I have had my Outback for about 3 years. The tires that came with the trailer are Mission 205 75r14. I have noticed that the sidewalls on the tires are starting to crack and split. Is this common on a tire that is a few seasons old? Also if I have to replace them could i step up to a 215 75/14 with out doing an axle flip? Finally, are there any recommendations for a replacement? Thanks for your help as always! Keith


----------



## hautevue (Mar 8, 2009)

Yes, it's fairly normal for sidewall cracking due to both age and sunlight breaking down the rubber. IMHO, you're due for new shoes for baby!

In the future, you might want to get wheel covers (they run ~$70 for the set of two covers). Put these on when in long storage (i.e. over the winter) etc. If you have brutal sun in the summer, you might want to cover them then, too. Fabric covers are a bit of a pain to install and remove, so for summer temporary short-term covers I just use two pieces of plywood cut to fit and lean them up against the tops of the tires, with a rock or two at the bottom to keep the wind from blowing the plywood around.

Size: the 205 vs the 215 should not require an axle flip--the difference is small. BUT to go to 15" diameter tires certainly would require you looking at doing that to get the clearances. (Plus you have to buy five new rims; gotta replace the rim for the spare tire...) Others on the forum will comment on sizes.

I haven't needed to replace my tires yet (they're only a year old) so I can't advise on brand, but others have and will comment.

Good luck!


----------



## Justman (Jul 22, 2006)

Keith, Definitely need new tires. Once they start to split, you're setting yourself up for a blowout(s) or an accident. Replace now!

If you have the $$$, you may want to go with a 15' tire. More weight capacity per tire=greater safety. I've hade 15' tires on mine for several thousand miles now and I haven't done the axle flip.

If you're looking for a good brand, lots of people are using Maxxis tires. I've had mine for a little over a year now and they look pretty good still.


----------



## outback loft (Sep 22, 2008)

I would say at 3 years and you are starting to see cracks then replace the tires. I get about two years out of a set of tires before I replace them due to cracking. I do a lot of beach runs where I run the tires down at 12psi.....yes I said 12psi. I am actually going on my third year with the same tire you have, the Missions are actually a Goodyear Marathon knockoff. They are the same tire, just a different name. I will be going up to the 215's as well.


----------



## RIOutbacker (Jun 5, 2009)

kwmjd said:


> I have had my Outback for about 3 years. The tires that came with the trailer are Mission 205 75r14. I have noticed that the sidewalls on the tires are starting to crack and split. Is this common on a tire that is a few seasons old? Also if I have to replace them could i step up to a 215 75/14 with out doing an axle flip?
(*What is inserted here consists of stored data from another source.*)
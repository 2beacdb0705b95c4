-- ===== src/Crdt/Content/RoundTrip.antt =====
-- Content is read back as it was written, less what the offset leaves out.
use native.Mathlib.Nat.{le_refl}
use crdt_server.Base.{
  ℕ, ◌+◌, ◌-◌, ◌%◌, ◌^◌, ◌≤◌, ◌<◌, ◌≡◌, sym, ◌∙◌, List, [], Bool-cases, inl, inr, ltb, le→ltb,
  length, length-drop, drop, All, All-map, arith, if◌then◌else◌, ok, err, unexpected_eof,
  unknown_type_ref,
}
use crdt_server.Lib0.Decoder.{Read, ◌>>=◌, pure, remaining, read_var_string}
use crdt_server.Lib0.Encoder.{Encoder}
use crdt_server.Lib0.Transfer.{
  Transfers, Transfers-writer, Transfers-reader, Transfers-weaken, Transfers-bind, Transfers-map,
  Transfers-then, Transfers-bounded, Transfers-each, read_times,
}
use crdt_server.Lib0.VarUint.{var_uint-Transfers}
use crdt_server.Lib0.Bytes.{var_string-Transfers, var_uint8_array-Transfers}
use crdt_server.Lib0.Any.{read_any}
use crdt_server.Lib0.Any.RoundTrip.{IsCanonical, write_any-Transfers}
use crdt_server.Crdt.{len-Transfers}
use crdt_server.Crdt.Content.{
  AbstractType, Content, deleted, json, binary, string, embed, format, type, any, doc, ref,
  has_name, write_type, write_rest, string_from, write_content, read_abstract_type, read_counted,
  read_content,
}

-- What is left of a content when its first `offset` units are left out.
unfoldable pub content_from : ℕ → Content → Content
content_from offset (deleted n) = deleted (n - offset)
content_from offset (json vs) = json (drop offset vs)
content_from offset (string s) = string (string_from offset s)
content_from offset (any vs) = any (drop offset vs)
content_from offset (binary b) = binary b
content_from offset (embed j) = embed j
content_from offset (format k v) = format k v
content_from offset (type t) = type t
content_from offset (doc g o) = doc g o

abbrev Fits : List ℕ → Type 0
Fits s = length s < 2 ^ 53

-- The offset lies in the content, and what is written is in the ranges that the reader accepts.
abbrev pub IsWritable : ℕ → Content → Type 0
IsWritable offset (deleted n) = (offset ≤ n) × (n ≤ 2 ^ 31)
IsWritable offset (json vs) =
    (offset ≤ length vs) × (length vs ≤ 2 ^ 31) × All Fits (drop offset vs)
IsWritable offset (string s) = Fits (string_from offset s)
IsWritable offset (any vs) =
    (offset ≤ length vs) × (length vs ≤ 2 ^ 31) × All (λ v. IsCanonical v 129) (drop offset vs)
IsWritable offset (binary b) = Fits b
IsWritable offset (embed j) = Fits j
IsWritable offset (format k v) = Fits k × Fits v
IsWritable offset (type t) =
    (t.type_ref ≤ 6) × (if has_name t.type_ref then Fits t.name else t.name ≡ [])
IsWritable offset (doc g o) = Fits g × IsCanonical o 129

pub rest_length :
    (n offset : ℕ) → offset ≤ n → n ≤ 2 ^ 31 → (n + 2 ^ 64 - offset) % 2 ^ 64 ≡ n - offset
rest_length n offset h k = omega arith

rest-Transfers :
    {A : Type 0} (w : A → Encoder → Encoder) (r : Read A) (vs : List A) (offset : ℕ)
    → offset ≤ length vs
    → length vs ≤ 2 ^ 31
    → All (λ v. Transfers (w v) r v 1) (drop offset vs)
    → Transfers (write_rest w vs offset) (read_counted r) (drop offset vs) 1
unfolding write_rest read_counted
rest-Transfers w r vs offset h n hs =
    let left : (length vs + 2 ^ 64 - offset) % 2 ^ 64 ≡ length (drop offset vs) =
      rest_length (length vs) offset h n ∙ sym (length-drop offset vs) in
    Transfers-writer (λ b. rw (left, le→ltb offset (length vs) h))
      (Transfers-weaken (omega arith) (
        Transfers-bind (λ n d. if ltb (remaining d) n then err unexpected_eof else read_times n r d)
          (len-Transfers (length (drop offset vs)) (omega (arith, length-drop offset vs)))
          (Transfers-bounded (length (drop offset vs)) unexpected_eof
            (le_refl (length (drop offset vs))) (Transfers-each w r (drop offset vs) hs))))

abbrev read_named : ℕ → Read AbstractType
read_named n d =
    if ltb 6 n
    then err unknown_type_ref
    else if has_name n
    then (do name ← read_var_string; pure (record { type_ref = n; name = name })) d
    else ok (record { type_ref = n; name = [] }, d)

type-Transfers :
    (t : AbstractType) (offset : ℕ)
    → IsWritable offset (type t)
    → Transfers (write_type t) read_abstract_type t 1
unfolding write_type read_abstract_type
type-Transfers t offset (small, h) = elim (Bool-cases (has_name t.type_ref)) [
  | inl named ↦
      Transfers-writer (λ b. rw named)
        (Transfers-weaken (omega arith) (
          Transfers-bind read_named (var_uint-Transfers t.type_ref (omega arith)) (
            Transfers-reader (λ d. rw (le→ltb t.type_ref 6 small, named))
              (Transfers-map (λ name. record { type_ref = t.type_ref; name = name })
                (var_string-Transfers t.name (rw named at h))))))
  | inr bare ↦
      Transfers-writer (λ b. rw bare)
        (Transfers-then read_named (λ d. rw (le→ltb t.type_ref 6 small, bare, rw bare at h))
          (var_uint-Transfers t.type_ref (omega arith)))
]

pub content-Transfers :
    (c : Content) (offset : ℕ)
    → IsWritable offset c
    → Transfers (write_content c offset) (read_content (ref c)) (content_from offset c) 1
unfolding write_content read_content ref content_from
content-Transfers (deleted n) offset (h, k) =
    Transfers-writer (λ b. rw (rest_length n offset h k))
      (Transfers-map deleted (len-Transfers (n - offset) (omega arith)))
content-Transfers (json vs) offset (h, k, hs) = Transfers-map json (
    rest-Transfers _ _ vs offset h k
      (All-map (drop offset vs) (λ s p. var_string-Transfers s p) hs))
content-Transfers (string s) offset h = Transfers-map string (var_string-Transfers _ h)
content-Transfers (any vs) offset (h, k, hs) = Transfers-map any (
    rest-Transfers _ _ vs offset h k (All-map (drop offset vs) (λ v p. write_any-Transfers v p) hs))
content-Transfers (binary b) offset h = Transfers-map binary (var_uint8_array-Transfers b h)
content-Transfers (embed j) offset h = Transfers-map embed (var_string-Transfers j h)
content-Transfers (format k v) offset (hk, hv) = Transfers-weaken (omega arith) (
    Transfers-bind (λ key. read_var_string >>= λ val. pure (format key val))
      (var_string-Transfers k hk) (Transfers-map (format k) (var_string-Transfers v hv)))
content-Transfers (type t) offset h = Transfers-map type (type-Transfers t offset h)
content-Transfers (doc g o) offset (hg, ho) = Transfers-weaken (omega arith) (
    Transfers-bind (λ guid. read_any >>= λ opts. pure (doc guid opts)) (var_string-Transfers g hg)
      (Transfers-map (doc g) (write_any-Transfers o ho)))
Finally, are there any recommendations for a replacement? Thanks for your help as always! Keith


I also have 14" tires. When I replace them, which will be very shortly, I'll be buying Kumho Radial 857's. There the only 'D' rated 14" tire I can find. I want to move up from C rated to D rated. I've never had Kumho but have heard good things about them. Something to think about.


----------



## Fanatical1 (Jan 9, 2006)

RIOutbacker said:


> I have had my Outback for about 3 years. The tires that came with the trailer are Mission 205 75r14. I have noticed that the sidewalls on the tires are starting to crack and split. Is this common on a tire that is a few seasons old? Also if I have to replace them could i step up to a 215 75/14 with out doing an axle flip? Finally, are there any recommendations for a replacement? Thanks for your help as always! Keith


I also have 14" tires. When I replace them, which will be very shortly, I'll be buying Kumho Radial 857's. There the only 'D' rated 14" tire I can find. I want to move up from C rated to D rated. I've never had Kumho but have heard good things about them. Something to think about.
[/quote]

I have the Kumho's and yes they are the only D rated tire for 14" rims. The weight capacity is almost 400 pounds per tire 
more than C rated tires. Gives me a about 1600 pounds more capacity than my old tires. Saved me from upgrading to 15" rims.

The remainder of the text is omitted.